== INSTRUCTIONS FOR THE TASK ==
Check each line of the data for "Contents", and copy the ones that have it.

== DATASET ENTRIES ==
◆ ◆ ◆ ◆

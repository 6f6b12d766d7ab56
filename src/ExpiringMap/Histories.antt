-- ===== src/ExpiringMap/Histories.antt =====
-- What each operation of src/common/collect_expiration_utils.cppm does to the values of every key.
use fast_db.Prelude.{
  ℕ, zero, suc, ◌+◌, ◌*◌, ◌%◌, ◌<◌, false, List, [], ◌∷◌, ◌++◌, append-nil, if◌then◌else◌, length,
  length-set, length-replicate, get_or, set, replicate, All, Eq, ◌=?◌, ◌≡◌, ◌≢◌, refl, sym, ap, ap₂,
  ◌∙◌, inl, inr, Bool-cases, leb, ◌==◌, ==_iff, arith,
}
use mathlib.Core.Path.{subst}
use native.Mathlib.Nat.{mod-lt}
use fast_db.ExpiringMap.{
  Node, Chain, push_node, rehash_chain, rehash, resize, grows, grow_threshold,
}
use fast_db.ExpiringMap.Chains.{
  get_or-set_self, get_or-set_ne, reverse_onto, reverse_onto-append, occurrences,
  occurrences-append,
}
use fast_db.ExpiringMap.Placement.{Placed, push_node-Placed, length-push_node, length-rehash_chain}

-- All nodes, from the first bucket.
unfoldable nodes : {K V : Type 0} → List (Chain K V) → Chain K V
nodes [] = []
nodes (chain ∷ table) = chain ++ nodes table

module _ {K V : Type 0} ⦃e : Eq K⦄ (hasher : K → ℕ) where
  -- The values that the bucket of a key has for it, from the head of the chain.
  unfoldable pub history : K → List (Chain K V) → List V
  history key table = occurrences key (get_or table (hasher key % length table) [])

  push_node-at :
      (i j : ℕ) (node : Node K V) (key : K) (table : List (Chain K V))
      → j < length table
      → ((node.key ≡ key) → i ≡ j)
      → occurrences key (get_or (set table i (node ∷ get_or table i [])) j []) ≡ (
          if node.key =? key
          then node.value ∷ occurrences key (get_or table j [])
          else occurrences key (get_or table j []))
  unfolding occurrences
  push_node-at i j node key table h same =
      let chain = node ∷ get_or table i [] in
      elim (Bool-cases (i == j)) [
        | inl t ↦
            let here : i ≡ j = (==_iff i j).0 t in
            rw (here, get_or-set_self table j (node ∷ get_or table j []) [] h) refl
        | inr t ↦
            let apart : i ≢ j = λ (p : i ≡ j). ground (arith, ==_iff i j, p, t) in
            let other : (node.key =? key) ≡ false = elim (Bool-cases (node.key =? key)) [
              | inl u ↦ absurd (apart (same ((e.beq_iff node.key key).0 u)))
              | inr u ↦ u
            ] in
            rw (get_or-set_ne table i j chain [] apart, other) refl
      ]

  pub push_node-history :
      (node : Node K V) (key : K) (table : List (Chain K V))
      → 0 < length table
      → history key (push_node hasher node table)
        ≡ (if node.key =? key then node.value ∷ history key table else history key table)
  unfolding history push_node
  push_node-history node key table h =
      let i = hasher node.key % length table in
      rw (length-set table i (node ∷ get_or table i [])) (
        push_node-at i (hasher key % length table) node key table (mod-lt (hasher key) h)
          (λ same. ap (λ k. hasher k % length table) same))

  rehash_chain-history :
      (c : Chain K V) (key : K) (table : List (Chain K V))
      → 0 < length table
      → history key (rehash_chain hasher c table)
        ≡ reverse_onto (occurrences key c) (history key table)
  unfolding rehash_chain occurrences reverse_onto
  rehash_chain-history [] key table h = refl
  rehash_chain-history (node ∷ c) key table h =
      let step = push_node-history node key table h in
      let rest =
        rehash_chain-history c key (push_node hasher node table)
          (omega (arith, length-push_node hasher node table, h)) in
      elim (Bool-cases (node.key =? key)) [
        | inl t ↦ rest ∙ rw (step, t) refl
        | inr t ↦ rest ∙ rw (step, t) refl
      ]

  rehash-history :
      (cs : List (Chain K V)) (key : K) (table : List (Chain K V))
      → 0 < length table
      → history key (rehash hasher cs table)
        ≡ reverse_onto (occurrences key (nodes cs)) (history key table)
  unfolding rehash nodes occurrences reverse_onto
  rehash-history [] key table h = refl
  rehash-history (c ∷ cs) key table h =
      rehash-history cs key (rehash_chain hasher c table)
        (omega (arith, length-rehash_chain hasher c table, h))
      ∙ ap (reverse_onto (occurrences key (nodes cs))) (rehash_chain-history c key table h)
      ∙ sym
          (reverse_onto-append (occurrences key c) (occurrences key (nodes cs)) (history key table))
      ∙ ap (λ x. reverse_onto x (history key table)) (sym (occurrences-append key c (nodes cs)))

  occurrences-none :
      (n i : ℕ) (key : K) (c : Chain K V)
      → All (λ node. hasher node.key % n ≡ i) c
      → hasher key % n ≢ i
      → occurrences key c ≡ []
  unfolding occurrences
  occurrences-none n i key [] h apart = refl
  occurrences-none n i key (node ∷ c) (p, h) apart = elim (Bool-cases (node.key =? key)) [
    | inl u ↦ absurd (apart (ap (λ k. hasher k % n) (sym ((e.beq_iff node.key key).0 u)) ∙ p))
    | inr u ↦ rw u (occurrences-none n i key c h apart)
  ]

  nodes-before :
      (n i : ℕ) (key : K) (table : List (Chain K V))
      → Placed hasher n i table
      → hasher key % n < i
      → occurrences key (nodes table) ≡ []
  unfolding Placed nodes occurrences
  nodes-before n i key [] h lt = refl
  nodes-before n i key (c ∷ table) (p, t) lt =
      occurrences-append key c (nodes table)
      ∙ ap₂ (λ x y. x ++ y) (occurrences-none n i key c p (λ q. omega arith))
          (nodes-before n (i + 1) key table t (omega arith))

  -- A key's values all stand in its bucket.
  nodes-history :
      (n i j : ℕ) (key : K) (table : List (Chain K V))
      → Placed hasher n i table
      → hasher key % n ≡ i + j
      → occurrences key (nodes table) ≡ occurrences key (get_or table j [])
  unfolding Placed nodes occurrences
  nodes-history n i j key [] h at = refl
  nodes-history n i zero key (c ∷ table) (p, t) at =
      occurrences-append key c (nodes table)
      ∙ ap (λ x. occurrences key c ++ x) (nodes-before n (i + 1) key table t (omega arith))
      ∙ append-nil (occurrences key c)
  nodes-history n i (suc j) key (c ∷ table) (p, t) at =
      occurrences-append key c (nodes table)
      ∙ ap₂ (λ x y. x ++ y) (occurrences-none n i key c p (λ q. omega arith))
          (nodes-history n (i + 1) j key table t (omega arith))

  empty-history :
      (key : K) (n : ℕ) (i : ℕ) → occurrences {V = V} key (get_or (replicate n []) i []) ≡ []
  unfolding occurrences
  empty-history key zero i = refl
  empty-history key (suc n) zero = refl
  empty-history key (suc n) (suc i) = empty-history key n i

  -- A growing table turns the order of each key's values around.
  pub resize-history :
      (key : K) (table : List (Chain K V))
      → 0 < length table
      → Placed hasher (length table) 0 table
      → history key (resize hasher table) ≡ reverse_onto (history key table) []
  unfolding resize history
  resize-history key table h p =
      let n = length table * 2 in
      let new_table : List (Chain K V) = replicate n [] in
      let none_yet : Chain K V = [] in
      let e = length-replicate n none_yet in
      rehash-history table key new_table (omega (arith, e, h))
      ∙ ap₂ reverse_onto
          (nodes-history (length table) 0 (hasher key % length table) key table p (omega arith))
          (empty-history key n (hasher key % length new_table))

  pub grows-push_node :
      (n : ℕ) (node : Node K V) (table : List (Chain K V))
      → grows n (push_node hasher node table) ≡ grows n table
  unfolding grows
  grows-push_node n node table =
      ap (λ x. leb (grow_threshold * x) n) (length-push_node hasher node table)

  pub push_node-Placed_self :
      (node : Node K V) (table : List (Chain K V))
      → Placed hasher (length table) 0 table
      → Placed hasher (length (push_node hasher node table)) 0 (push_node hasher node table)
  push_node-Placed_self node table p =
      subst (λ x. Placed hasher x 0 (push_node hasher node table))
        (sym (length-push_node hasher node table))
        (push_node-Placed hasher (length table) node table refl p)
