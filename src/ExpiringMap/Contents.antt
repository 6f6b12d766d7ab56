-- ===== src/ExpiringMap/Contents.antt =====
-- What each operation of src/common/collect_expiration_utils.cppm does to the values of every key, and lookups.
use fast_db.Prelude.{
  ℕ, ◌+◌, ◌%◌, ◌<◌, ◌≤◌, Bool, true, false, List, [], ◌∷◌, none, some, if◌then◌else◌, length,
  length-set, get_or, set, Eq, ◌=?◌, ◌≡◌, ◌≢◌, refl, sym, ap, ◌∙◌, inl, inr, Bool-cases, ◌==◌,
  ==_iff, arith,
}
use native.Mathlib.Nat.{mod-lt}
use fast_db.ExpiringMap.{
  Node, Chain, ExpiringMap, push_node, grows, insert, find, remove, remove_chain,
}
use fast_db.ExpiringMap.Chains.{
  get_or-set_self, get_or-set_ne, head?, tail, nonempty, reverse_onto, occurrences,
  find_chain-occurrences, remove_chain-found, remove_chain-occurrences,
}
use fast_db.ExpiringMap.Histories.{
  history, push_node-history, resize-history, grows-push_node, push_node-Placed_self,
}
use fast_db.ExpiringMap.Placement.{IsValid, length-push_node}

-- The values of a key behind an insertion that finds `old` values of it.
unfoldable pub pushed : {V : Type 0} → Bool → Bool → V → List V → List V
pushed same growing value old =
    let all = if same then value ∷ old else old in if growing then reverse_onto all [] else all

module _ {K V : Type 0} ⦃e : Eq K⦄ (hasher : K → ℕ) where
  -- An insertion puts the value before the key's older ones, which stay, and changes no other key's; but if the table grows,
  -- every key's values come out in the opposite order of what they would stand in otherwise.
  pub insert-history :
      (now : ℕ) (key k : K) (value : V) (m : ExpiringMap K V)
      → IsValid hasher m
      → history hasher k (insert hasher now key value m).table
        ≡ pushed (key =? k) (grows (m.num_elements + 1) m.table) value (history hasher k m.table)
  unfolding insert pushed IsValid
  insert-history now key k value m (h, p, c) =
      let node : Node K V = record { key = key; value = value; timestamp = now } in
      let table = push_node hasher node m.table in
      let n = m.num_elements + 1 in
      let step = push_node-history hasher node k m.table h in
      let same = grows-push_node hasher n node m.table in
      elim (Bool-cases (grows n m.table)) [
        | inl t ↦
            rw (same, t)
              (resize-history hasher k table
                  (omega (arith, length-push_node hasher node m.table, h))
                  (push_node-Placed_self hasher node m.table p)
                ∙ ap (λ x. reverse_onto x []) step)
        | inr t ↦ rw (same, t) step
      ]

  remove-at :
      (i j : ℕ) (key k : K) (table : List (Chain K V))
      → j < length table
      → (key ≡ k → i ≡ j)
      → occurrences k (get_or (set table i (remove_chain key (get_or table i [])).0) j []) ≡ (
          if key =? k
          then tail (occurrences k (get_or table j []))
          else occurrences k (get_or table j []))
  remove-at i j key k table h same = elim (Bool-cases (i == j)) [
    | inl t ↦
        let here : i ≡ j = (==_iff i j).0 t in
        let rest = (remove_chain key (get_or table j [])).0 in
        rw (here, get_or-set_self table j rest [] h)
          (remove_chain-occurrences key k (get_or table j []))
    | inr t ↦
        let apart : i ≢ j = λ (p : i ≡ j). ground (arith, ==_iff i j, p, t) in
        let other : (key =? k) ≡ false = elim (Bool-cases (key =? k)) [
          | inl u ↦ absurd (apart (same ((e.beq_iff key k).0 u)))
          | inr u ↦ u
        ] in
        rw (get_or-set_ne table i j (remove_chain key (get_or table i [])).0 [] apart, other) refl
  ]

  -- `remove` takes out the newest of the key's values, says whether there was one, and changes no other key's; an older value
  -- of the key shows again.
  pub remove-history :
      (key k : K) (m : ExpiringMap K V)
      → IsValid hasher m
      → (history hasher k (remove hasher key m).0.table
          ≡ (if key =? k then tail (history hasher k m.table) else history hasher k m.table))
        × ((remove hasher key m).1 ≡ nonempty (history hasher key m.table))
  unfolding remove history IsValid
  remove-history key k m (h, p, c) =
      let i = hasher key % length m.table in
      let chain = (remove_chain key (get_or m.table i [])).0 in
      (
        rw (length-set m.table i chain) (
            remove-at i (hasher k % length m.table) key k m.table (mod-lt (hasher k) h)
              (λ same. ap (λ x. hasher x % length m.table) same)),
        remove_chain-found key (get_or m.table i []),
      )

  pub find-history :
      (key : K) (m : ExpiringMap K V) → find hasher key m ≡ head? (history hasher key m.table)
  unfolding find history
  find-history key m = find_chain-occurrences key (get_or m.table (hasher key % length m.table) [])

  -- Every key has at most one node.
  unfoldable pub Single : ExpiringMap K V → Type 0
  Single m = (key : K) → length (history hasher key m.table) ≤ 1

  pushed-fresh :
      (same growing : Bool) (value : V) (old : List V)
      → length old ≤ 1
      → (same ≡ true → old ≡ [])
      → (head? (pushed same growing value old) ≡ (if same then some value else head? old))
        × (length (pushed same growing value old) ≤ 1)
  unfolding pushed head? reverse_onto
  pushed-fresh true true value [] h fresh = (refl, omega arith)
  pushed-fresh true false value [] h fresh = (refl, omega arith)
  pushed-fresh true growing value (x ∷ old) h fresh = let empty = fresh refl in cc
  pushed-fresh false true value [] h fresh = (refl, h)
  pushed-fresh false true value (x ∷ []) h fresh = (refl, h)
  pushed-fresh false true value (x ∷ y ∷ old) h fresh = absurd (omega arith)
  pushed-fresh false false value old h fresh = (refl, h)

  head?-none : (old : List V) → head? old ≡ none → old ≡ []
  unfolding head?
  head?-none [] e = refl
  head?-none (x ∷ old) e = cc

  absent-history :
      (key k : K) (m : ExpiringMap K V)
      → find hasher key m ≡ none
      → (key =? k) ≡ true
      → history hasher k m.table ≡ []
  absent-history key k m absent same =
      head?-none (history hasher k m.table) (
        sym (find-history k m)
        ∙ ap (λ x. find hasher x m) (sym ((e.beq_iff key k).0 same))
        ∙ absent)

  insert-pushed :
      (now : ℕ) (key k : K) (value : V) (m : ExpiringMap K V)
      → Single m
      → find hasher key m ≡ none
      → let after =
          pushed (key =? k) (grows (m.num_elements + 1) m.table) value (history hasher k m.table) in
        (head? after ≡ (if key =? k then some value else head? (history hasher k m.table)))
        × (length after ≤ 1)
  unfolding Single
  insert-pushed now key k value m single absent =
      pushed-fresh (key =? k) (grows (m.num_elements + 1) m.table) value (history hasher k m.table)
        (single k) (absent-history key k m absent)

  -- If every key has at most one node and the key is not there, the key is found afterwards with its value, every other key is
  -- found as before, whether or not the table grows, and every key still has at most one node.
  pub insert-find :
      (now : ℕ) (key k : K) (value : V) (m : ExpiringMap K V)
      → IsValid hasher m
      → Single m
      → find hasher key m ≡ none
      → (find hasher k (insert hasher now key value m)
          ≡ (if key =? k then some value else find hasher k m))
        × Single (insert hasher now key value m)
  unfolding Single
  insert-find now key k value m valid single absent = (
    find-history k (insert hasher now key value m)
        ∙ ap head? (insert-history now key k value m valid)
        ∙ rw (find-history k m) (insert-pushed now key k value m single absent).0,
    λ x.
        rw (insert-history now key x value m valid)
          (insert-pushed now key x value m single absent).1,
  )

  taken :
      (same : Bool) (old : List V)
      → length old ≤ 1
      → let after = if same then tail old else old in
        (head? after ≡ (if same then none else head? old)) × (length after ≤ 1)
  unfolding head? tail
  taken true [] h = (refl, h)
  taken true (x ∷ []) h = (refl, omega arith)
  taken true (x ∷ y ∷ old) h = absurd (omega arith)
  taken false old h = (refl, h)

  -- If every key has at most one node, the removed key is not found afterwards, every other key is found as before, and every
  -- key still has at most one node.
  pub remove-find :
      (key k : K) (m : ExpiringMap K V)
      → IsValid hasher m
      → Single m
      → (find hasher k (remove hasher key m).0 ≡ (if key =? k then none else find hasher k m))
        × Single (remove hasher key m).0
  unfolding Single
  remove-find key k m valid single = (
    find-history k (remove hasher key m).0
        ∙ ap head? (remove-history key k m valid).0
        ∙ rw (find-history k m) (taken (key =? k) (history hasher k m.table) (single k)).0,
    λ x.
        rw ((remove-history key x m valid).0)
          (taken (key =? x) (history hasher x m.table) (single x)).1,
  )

◆ ◆ ◆ ◆

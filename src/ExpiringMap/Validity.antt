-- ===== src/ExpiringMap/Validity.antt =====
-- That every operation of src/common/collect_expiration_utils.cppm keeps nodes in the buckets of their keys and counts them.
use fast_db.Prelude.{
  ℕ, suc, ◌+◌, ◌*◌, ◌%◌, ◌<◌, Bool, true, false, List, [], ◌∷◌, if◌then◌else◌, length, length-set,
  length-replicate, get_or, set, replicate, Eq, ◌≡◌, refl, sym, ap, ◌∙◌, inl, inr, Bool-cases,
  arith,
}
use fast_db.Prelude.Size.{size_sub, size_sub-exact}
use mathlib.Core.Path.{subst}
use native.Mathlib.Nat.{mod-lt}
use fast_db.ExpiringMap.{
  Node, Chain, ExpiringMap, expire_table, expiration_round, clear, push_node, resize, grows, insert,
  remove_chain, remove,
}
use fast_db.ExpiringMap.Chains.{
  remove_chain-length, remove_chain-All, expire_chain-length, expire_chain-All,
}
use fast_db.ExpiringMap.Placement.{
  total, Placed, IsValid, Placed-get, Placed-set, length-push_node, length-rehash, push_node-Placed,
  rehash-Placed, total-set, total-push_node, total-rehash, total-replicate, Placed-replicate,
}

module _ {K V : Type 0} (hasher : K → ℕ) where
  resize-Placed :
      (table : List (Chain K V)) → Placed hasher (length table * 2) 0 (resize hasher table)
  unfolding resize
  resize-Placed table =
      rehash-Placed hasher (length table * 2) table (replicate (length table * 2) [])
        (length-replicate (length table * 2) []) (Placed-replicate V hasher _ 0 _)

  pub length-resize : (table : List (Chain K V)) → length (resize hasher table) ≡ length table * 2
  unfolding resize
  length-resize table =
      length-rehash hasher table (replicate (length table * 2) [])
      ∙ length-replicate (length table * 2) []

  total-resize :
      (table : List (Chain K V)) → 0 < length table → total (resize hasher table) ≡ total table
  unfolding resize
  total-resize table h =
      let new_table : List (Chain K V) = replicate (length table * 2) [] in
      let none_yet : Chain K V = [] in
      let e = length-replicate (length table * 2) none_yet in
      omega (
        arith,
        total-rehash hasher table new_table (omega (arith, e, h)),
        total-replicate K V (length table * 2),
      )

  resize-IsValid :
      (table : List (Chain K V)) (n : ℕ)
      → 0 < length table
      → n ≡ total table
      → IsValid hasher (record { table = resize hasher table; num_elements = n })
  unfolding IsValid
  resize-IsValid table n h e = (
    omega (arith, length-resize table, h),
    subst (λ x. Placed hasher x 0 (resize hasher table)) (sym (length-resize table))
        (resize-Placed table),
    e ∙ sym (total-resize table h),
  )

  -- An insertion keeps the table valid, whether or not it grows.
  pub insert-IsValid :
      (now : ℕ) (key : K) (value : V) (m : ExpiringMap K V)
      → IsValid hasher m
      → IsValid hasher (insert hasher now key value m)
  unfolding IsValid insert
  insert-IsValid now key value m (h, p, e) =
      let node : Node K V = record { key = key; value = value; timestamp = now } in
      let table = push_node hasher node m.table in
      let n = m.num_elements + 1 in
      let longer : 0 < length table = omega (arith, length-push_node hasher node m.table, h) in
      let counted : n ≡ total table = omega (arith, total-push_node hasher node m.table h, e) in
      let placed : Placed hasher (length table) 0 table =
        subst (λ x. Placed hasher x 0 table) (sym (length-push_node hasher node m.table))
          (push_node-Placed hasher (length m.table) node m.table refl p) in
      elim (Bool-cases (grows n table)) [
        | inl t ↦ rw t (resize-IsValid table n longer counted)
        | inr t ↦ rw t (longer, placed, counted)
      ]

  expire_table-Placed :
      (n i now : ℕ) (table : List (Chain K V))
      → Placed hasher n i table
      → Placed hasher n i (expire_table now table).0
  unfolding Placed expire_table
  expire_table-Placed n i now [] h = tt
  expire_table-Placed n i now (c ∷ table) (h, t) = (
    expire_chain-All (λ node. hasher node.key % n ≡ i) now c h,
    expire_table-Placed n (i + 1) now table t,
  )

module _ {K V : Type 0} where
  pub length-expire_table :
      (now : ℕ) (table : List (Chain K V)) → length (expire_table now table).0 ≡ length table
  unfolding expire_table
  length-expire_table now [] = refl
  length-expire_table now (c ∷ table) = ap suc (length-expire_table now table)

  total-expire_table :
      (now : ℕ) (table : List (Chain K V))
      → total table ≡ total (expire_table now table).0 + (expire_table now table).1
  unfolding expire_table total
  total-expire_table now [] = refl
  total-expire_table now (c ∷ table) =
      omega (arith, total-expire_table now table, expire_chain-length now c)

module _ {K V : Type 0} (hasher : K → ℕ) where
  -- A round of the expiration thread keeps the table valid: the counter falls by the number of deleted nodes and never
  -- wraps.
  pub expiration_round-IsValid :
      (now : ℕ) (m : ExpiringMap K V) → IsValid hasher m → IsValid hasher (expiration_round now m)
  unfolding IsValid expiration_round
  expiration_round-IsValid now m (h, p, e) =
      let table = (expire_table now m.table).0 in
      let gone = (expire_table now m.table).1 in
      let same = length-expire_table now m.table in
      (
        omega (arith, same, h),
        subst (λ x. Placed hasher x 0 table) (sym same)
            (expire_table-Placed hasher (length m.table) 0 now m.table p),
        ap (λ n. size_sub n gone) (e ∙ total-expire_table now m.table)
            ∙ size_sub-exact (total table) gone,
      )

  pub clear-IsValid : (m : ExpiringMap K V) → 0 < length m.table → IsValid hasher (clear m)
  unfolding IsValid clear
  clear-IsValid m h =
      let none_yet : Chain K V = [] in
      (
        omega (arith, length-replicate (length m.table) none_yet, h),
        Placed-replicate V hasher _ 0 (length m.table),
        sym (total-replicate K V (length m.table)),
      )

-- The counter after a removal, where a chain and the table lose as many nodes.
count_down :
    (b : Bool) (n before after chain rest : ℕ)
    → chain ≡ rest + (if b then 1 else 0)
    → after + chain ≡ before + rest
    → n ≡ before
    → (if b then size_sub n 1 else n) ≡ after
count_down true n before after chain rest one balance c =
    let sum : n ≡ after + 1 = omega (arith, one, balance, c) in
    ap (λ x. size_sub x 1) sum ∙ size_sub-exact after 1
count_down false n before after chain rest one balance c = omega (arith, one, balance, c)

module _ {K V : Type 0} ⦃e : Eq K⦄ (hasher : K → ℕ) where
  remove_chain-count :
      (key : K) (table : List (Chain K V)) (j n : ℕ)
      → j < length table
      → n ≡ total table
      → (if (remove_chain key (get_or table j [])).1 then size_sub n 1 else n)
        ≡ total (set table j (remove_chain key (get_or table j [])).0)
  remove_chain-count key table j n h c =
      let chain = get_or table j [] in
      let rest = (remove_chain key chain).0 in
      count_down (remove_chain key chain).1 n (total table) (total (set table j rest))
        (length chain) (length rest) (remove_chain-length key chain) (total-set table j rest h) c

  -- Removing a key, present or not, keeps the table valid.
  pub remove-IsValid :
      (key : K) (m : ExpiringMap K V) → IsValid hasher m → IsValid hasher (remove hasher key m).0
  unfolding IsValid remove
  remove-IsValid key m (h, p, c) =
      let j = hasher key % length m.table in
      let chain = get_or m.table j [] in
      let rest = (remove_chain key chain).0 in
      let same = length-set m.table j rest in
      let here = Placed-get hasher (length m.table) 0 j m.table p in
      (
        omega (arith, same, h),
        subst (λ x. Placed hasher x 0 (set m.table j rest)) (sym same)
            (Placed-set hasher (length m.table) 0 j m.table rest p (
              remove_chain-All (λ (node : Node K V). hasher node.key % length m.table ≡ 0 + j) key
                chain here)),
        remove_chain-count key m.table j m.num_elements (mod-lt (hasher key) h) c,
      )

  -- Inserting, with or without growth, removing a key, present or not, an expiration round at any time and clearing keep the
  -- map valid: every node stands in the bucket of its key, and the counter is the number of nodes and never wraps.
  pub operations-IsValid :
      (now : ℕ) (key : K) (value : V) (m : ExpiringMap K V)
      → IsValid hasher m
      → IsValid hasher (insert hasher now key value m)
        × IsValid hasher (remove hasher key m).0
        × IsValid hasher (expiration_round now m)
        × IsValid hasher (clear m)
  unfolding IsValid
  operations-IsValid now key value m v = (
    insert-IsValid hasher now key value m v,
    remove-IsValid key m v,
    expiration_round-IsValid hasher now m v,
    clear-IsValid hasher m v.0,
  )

◆ ◆ ◆ ◆

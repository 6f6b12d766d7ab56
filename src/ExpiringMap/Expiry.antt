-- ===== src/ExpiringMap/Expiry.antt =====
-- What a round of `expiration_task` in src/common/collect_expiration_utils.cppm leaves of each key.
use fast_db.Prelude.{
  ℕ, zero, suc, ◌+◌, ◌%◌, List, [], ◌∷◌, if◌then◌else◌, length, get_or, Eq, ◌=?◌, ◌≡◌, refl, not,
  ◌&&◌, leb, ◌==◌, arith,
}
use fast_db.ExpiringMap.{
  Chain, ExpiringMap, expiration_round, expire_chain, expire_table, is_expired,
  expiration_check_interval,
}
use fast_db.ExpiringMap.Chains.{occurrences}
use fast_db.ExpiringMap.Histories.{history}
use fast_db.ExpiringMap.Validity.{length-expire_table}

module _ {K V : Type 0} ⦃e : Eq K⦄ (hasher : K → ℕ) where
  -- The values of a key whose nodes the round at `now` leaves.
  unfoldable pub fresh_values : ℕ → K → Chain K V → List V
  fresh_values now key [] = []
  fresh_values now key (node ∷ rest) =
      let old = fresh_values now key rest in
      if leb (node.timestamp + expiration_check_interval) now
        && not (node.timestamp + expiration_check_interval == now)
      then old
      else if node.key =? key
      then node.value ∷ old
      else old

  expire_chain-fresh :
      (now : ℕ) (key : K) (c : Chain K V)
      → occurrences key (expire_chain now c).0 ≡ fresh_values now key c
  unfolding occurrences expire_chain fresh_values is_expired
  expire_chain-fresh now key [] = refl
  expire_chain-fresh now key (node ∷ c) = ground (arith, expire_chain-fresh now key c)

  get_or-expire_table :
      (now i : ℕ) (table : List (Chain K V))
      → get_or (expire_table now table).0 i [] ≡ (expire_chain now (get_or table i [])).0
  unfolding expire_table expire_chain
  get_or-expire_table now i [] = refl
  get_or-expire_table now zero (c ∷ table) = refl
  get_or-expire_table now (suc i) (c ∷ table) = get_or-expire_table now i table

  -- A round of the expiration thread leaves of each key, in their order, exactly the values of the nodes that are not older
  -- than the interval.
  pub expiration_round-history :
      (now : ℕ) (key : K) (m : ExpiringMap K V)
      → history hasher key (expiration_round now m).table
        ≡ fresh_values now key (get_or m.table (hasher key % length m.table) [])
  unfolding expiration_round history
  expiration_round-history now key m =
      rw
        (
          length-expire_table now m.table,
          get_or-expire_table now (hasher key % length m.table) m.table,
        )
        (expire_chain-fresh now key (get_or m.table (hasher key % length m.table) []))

◆ ◆ ◆ ◆

== FINISHED EXERCISE ==
filename src/ExpiringMap/Contents.antt
-- ===== src/ExpiringMap/Contents.antt =====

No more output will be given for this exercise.